- [Problem description] Return all lines in the data where the string "more" can be found.

━━━

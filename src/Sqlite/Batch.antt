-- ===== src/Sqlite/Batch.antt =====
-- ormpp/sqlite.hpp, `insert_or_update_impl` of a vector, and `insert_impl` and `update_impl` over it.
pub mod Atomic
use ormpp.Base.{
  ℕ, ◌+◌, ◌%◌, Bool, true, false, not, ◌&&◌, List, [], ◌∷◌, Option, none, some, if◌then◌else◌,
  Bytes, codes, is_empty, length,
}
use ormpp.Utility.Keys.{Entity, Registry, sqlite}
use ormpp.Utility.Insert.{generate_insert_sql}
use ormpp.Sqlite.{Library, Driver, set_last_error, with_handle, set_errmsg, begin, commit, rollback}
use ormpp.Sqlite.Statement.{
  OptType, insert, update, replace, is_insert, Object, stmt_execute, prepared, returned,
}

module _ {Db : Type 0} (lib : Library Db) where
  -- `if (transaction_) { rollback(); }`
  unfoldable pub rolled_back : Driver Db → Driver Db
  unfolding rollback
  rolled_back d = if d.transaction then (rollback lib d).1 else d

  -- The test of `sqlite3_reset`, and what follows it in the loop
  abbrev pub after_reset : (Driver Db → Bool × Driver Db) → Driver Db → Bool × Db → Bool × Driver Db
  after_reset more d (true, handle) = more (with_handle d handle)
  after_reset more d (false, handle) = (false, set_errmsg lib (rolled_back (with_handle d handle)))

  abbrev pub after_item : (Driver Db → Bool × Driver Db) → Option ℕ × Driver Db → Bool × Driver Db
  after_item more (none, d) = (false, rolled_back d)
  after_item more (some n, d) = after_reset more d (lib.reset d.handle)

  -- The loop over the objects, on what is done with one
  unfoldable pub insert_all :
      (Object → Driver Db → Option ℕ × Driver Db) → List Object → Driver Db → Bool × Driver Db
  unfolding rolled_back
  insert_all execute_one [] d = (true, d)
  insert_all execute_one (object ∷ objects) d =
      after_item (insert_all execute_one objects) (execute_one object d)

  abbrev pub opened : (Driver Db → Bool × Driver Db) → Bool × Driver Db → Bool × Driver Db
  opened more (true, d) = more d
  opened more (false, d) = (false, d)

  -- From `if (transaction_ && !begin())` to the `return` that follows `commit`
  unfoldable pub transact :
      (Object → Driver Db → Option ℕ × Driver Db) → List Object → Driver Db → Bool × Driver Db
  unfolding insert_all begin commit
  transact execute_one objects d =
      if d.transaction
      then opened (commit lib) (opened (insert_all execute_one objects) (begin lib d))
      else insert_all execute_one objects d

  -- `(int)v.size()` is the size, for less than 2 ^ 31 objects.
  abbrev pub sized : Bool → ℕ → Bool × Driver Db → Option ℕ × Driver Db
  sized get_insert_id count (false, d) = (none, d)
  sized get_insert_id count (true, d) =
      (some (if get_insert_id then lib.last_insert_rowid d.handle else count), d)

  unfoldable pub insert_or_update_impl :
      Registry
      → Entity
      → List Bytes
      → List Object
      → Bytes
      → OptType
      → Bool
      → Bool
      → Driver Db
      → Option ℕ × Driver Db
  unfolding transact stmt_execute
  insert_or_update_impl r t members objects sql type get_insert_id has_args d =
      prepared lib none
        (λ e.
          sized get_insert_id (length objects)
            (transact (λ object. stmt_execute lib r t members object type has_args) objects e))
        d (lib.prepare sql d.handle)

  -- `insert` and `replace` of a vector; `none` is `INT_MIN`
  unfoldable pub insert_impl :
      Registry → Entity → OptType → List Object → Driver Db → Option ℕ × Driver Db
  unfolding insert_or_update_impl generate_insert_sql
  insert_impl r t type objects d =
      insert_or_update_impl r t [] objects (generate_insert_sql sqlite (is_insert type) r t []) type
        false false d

━━━

- [Task answer]
  after_reset more d (true, handle) = more (with_handle d handle)
  after_reset more d (false, handle) = (false, set_errmsg lib (rolled_back (with_handle d handle)))
  after_item more (none, d) = (false, rolled_back d)
  after_item more (some n, d) = after_reset more d (lib.reset d.handle)
  opened more (true, d) = more d
  opened more (false, d) = (false, d)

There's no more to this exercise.